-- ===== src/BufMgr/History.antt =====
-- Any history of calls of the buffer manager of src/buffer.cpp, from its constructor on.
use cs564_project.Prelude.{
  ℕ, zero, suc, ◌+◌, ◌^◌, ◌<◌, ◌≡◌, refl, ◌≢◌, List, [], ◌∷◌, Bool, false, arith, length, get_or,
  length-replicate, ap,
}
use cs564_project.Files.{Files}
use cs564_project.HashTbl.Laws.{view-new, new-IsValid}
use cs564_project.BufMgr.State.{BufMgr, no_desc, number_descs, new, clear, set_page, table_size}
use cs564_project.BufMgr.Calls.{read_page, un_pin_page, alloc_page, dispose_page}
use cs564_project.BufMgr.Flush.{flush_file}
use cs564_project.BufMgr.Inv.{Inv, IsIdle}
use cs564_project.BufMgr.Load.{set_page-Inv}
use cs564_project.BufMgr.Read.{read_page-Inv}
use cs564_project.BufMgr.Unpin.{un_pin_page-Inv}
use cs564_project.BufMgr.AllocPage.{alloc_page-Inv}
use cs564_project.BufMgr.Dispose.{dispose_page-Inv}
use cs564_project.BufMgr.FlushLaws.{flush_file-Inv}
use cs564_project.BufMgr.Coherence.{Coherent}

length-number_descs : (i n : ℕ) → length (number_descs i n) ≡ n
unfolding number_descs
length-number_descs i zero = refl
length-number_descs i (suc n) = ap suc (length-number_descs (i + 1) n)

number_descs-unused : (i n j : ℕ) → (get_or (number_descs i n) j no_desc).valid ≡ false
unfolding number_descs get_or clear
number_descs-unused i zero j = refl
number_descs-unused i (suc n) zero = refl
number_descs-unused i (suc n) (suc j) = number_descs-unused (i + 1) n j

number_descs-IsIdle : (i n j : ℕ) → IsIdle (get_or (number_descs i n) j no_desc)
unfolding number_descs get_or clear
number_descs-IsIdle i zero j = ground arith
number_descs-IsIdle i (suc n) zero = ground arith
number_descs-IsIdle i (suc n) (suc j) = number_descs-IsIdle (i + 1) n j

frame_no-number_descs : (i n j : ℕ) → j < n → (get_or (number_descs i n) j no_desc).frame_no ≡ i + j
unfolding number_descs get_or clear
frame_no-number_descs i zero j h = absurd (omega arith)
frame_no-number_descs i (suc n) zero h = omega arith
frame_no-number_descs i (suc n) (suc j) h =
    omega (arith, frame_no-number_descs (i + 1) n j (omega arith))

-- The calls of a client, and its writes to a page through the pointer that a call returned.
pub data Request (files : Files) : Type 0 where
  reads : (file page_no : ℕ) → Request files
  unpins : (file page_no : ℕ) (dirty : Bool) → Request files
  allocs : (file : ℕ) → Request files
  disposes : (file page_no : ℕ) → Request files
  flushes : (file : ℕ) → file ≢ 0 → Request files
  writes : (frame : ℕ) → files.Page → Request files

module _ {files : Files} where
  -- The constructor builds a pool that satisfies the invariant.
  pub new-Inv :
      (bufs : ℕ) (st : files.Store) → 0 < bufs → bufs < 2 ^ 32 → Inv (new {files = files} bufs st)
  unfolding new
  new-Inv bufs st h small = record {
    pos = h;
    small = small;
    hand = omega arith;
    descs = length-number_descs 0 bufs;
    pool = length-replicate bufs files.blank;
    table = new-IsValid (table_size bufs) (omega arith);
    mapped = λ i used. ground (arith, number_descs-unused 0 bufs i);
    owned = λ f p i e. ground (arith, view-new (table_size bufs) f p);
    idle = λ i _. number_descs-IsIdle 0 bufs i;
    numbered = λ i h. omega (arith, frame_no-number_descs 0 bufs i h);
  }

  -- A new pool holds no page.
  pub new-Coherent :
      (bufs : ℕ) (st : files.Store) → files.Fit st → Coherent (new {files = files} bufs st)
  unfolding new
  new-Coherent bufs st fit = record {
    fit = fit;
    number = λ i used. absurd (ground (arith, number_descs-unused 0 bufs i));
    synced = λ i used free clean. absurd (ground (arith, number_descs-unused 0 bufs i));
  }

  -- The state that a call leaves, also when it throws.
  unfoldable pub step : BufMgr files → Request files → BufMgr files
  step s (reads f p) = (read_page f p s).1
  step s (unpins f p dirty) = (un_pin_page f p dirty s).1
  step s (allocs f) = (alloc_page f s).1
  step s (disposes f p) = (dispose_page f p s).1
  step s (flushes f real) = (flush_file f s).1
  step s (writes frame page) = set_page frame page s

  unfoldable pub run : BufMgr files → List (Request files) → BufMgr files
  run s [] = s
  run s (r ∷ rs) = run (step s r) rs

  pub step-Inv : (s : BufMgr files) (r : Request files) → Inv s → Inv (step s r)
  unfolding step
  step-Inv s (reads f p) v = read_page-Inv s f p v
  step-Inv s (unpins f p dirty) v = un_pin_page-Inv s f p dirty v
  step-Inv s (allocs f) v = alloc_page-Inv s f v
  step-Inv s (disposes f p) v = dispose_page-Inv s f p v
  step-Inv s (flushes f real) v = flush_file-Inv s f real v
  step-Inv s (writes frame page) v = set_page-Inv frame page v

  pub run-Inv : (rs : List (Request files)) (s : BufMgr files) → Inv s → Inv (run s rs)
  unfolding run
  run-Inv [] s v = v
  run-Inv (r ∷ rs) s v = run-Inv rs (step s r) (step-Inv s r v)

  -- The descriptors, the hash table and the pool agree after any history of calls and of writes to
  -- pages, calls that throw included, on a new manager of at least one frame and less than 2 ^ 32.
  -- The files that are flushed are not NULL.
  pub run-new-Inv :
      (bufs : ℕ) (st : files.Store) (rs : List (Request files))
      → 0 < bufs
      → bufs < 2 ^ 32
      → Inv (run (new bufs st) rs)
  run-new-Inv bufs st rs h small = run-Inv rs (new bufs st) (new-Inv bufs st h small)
══════════
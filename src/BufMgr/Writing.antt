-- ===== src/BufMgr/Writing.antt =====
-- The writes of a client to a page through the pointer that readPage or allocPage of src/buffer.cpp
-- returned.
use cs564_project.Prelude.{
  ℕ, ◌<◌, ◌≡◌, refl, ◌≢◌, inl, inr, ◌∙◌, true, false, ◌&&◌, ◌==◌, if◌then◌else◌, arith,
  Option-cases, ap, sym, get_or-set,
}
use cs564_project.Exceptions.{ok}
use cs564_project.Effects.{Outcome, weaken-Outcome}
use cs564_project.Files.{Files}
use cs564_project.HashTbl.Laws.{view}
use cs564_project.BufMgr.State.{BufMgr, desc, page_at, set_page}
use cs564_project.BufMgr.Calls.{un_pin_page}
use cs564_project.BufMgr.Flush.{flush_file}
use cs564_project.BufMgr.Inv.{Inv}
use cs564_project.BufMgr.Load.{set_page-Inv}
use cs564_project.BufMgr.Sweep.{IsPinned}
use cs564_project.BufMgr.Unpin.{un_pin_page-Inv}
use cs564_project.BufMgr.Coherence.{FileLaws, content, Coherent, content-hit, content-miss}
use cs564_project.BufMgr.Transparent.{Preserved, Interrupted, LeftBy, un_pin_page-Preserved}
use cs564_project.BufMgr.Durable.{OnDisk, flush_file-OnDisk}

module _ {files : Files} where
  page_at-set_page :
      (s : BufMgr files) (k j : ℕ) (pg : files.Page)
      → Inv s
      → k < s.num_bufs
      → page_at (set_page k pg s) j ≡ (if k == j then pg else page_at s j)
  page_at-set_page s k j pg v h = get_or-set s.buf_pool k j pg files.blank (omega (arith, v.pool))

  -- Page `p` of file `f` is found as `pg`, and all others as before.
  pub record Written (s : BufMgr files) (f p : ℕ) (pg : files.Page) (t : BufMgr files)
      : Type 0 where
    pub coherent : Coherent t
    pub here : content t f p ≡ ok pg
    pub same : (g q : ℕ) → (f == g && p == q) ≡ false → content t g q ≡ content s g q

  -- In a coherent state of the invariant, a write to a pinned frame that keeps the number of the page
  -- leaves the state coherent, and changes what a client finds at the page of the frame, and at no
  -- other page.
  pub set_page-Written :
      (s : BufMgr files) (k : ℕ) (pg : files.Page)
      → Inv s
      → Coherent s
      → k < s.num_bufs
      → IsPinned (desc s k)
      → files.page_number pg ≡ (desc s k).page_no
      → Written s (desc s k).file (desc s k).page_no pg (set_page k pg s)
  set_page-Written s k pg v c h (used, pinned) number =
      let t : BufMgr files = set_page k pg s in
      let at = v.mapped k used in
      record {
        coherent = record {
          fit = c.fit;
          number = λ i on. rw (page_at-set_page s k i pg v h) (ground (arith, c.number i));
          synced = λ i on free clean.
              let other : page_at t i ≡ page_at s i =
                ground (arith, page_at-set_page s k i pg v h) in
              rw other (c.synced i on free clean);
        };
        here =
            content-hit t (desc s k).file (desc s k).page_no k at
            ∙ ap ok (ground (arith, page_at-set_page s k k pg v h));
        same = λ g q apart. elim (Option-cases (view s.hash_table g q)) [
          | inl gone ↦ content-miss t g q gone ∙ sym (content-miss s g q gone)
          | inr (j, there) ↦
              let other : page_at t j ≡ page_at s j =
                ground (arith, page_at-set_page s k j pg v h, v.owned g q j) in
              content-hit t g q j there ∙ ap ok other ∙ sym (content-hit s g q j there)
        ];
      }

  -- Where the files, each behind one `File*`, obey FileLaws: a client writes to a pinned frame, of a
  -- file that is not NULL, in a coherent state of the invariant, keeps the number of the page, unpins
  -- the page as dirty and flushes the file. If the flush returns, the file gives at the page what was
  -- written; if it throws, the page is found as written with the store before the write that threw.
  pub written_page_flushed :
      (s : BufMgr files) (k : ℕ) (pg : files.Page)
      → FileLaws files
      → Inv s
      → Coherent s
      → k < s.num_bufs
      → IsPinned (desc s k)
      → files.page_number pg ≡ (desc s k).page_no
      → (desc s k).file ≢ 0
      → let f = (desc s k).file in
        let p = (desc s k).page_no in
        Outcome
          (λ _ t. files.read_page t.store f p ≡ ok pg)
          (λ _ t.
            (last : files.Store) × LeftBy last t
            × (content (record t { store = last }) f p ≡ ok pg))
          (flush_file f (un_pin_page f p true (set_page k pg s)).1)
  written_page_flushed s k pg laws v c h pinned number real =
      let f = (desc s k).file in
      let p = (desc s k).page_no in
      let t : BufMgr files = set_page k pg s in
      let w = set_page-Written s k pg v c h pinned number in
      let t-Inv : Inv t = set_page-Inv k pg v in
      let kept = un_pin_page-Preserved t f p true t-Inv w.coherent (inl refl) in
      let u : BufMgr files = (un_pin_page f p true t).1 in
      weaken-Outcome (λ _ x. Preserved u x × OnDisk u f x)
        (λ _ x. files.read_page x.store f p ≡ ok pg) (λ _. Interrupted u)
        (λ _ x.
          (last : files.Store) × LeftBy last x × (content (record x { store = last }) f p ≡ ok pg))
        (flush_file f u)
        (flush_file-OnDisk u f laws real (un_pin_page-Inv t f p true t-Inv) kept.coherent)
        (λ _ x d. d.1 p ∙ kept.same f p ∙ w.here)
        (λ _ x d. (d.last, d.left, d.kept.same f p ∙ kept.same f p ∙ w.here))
══════════
Write the number of data lines with "kept", nothing else.

4